-------- DATA SHOWN --------

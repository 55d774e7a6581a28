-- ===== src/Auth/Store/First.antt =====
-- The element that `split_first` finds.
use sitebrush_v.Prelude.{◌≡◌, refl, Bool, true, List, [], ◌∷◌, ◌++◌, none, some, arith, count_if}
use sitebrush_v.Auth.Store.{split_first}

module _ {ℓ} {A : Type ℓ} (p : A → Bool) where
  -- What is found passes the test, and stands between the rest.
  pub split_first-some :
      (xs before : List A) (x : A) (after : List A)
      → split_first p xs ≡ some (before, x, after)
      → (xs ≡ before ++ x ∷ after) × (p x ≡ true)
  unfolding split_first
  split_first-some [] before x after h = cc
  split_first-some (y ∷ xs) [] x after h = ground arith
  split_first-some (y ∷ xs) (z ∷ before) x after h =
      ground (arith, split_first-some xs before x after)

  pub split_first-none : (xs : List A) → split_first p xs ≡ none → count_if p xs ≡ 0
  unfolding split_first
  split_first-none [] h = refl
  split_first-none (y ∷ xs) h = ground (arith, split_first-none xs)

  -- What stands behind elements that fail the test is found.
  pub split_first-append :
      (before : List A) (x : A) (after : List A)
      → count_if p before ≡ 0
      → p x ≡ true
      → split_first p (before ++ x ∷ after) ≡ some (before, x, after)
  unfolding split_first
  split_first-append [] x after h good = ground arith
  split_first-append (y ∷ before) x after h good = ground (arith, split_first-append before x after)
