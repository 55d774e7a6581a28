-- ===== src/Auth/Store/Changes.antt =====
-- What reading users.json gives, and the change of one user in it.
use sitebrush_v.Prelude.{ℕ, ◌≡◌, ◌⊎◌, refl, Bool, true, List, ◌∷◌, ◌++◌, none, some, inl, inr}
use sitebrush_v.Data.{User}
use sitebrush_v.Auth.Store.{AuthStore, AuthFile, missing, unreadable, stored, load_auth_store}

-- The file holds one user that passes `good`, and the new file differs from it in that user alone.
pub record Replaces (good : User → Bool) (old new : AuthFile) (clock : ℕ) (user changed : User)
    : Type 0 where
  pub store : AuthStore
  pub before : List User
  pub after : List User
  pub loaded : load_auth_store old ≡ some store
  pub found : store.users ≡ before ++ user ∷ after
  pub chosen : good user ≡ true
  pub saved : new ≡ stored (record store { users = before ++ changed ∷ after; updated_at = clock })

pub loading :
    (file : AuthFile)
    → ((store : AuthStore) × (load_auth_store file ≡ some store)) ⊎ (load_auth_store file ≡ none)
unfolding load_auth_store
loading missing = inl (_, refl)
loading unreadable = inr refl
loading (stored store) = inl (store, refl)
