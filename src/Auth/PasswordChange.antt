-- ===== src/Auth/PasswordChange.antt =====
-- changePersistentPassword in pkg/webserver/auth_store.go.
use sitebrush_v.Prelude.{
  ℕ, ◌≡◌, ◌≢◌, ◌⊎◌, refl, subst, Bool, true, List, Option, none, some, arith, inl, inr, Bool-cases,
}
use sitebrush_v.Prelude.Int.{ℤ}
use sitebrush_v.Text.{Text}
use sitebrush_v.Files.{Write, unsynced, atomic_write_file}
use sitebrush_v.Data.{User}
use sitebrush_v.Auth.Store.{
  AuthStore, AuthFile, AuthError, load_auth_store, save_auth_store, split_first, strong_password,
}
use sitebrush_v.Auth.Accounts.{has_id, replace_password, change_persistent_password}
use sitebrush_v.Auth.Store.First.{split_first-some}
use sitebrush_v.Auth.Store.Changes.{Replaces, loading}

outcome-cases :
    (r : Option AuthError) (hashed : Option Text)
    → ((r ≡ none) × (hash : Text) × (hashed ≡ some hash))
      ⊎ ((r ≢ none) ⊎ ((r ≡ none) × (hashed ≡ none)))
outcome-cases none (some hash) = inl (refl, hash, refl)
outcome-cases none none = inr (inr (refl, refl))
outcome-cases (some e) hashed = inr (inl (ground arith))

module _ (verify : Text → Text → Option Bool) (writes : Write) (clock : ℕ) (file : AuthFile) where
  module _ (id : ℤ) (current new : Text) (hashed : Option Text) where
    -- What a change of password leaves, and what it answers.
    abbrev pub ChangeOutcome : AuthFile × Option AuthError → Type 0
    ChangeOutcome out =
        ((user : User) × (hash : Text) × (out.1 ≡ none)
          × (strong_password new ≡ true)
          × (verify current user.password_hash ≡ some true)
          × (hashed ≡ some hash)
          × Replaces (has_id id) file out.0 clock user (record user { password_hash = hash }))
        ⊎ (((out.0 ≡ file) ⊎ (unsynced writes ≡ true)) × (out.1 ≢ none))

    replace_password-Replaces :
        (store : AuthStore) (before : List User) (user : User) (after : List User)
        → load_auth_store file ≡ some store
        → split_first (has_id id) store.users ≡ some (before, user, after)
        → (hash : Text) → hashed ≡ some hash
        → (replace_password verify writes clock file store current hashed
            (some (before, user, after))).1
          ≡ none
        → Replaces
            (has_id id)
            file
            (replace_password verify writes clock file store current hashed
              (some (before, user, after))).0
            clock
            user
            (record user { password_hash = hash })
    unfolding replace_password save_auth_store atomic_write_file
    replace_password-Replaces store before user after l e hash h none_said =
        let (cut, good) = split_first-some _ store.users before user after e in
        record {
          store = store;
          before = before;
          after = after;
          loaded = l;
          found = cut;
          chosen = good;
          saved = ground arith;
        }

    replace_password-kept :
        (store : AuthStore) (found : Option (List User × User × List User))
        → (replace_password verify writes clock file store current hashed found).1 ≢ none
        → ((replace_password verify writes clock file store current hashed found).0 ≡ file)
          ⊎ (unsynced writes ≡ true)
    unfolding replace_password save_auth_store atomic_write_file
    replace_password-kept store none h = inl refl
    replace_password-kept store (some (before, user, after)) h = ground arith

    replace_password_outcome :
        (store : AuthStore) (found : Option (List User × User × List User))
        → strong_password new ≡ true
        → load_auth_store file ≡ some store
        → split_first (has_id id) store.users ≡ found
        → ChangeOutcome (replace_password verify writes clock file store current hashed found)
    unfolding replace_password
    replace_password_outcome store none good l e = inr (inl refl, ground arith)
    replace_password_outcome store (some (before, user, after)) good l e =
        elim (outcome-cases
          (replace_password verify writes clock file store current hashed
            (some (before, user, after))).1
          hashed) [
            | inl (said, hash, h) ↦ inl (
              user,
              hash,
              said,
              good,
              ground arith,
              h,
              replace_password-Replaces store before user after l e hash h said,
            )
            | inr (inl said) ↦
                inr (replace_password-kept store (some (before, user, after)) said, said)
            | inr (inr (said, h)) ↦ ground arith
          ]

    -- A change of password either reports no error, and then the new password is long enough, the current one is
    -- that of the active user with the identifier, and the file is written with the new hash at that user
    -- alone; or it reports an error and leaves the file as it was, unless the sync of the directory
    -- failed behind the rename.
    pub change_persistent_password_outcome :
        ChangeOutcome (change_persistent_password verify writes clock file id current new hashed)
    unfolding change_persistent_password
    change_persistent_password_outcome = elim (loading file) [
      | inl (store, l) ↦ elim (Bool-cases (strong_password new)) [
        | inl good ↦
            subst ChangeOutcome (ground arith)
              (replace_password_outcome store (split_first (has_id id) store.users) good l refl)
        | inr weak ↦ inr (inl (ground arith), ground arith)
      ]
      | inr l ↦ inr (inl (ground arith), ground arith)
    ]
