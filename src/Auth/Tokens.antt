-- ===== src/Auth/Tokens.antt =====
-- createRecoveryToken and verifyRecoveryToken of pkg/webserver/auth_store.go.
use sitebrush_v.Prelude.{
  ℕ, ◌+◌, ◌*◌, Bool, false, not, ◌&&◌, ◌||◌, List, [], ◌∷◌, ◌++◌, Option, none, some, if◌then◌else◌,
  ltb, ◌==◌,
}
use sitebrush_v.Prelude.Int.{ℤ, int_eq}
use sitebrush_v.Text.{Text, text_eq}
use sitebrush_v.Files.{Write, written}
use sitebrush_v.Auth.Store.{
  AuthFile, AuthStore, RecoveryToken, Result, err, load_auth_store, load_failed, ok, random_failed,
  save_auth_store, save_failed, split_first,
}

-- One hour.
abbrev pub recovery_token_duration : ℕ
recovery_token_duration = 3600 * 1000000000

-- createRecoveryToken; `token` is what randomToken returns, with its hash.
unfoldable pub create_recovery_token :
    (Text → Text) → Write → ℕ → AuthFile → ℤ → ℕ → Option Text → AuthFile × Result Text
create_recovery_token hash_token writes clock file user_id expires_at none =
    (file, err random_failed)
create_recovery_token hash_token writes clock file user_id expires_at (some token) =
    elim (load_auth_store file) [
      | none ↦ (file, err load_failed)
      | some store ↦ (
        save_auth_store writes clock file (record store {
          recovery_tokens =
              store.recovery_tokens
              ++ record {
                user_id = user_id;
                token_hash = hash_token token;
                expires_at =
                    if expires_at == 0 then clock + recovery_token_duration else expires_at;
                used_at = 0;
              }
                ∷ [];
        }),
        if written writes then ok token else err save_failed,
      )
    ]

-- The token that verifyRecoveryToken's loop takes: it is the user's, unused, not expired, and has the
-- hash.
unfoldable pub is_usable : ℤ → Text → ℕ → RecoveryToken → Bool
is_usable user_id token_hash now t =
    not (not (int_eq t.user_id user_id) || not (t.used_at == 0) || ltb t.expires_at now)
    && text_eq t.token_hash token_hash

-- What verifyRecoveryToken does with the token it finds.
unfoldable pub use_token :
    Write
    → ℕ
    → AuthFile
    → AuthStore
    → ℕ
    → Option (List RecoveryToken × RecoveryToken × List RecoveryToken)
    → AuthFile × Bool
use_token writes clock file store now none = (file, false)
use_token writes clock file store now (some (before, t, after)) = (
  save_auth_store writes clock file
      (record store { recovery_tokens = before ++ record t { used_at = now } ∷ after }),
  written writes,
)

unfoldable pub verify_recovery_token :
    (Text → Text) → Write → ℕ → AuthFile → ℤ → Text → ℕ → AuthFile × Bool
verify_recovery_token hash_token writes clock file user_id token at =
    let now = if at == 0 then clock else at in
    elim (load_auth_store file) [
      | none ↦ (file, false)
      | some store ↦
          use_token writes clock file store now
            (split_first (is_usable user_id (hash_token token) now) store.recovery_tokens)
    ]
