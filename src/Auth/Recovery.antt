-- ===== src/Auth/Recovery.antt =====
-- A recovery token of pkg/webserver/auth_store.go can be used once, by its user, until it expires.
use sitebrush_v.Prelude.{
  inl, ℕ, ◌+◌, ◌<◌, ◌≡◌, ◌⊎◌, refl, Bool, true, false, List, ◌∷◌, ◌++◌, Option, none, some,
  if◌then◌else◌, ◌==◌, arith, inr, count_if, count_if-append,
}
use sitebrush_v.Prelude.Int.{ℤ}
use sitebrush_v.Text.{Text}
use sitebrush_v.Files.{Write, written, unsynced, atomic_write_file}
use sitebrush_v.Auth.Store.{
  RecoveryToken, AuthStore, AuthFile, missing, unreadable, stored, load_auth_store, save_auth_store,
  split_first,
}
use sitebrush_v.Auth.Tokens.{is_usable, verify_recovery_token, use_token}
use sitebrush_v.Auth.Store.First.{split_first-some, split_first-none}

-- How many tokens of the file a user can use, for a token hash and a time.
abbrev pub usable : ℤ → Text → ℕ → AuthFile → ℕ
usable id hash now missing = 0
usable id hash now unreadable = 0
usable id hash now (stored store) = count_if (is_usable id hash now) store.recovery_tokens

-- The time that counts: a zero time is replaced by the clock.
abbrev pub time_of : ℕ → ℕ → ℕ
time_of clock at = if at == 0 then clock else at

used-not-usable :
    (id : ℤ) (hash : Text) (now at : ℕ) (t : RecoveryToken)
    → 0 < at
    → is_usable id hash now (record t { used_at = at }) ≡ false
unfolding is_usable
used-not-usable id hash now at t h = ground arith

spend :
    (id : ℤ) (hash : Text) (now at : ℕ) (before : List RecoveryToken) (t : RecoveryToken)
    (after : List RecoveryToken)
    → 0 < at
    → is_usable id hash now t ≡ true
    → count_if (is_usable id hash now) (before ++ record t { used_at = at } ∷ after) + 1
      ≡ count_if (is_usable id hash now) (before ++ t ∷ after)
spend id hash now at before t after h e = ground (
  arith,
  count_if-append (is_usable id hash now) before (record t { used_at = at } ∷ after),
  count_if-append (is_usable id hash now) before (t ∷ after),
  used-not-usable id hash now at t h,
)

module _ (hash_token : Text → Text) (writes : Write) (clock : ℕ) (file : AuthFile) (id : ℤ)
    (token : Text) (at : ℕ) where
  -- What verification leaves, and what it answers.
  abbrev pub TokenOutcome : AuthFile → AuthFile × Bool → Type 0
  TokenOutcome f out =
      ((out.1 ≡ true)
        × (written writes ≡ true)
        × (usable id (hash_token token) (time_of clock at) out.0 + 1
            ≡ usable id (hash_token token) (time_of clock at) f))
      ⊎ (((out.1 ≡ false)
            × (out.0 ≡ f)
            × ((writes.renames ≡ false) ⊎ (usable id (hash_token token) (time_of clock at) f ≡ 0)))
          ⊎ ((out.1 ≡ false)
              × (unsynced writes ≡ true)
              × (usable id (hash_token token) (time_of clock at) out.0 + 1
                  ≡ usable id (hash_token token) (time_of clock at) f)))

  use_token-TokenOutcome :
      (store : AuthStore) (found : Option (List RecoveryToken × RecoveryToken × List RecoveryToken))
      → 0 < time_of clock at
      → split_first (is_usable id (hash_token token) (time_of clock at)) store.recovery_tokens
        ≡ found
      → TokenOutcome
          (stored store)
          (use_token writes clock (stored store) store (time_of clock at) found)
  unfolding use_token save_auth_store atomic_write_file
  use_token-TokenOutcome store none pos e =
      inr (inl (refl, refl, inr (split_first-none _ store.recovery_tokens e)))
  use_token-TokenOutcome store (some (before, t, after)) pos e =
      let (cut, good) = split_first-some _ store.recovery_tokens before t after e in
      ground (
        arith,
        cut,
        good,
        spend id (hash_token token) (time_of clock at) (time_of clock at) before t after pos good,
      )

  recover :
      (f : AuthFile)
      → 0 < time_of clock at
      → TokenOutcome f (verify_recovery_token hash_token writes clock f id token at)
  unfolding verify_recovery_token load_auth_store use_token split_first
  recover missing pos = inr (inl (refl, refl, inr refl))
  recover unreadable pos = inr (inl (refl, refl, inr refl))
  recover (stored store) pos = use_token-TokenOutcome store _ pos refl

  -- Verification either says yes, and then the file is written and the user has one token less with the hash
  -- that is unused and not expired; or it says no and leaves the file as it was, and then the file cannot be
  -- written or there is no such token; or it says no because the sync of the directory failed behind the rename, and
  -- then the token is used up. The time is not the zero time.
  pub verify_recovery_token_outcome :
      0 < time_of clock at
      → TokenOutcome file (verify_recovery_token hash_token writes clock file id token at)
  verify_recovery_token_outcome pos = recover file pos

--------

**TASK REQUIREMENTS**. What are the lines from the one with "recover unreadable pos" through the last line of the records above? Quote them exactly and add nothing.

**RESPONSE**.
  recover unreadable pos = inr (inl (refl, refl, inr refl))
  recover (stored store) pos = use_token-TokenOutcome store _ pos refl

  -- Verification either says yes, and then the file is written and the user has one token less with the hash
  -- that is unused and not expired; or it says no and leaves the file as it was, and then the file cannot be
  -- written or there is no such token; or it says no because the sync of the directory failed behind the rename, and
  -- then the token is used up. The time is not the zero time.
  pub verify_recovery_token_outcome :
      0 < time_of clock at
      → TokenOutcome file (verify_recovery_token hash_token writes clock file id token at)
  verify_recovery_token_outcome pos = recover file pos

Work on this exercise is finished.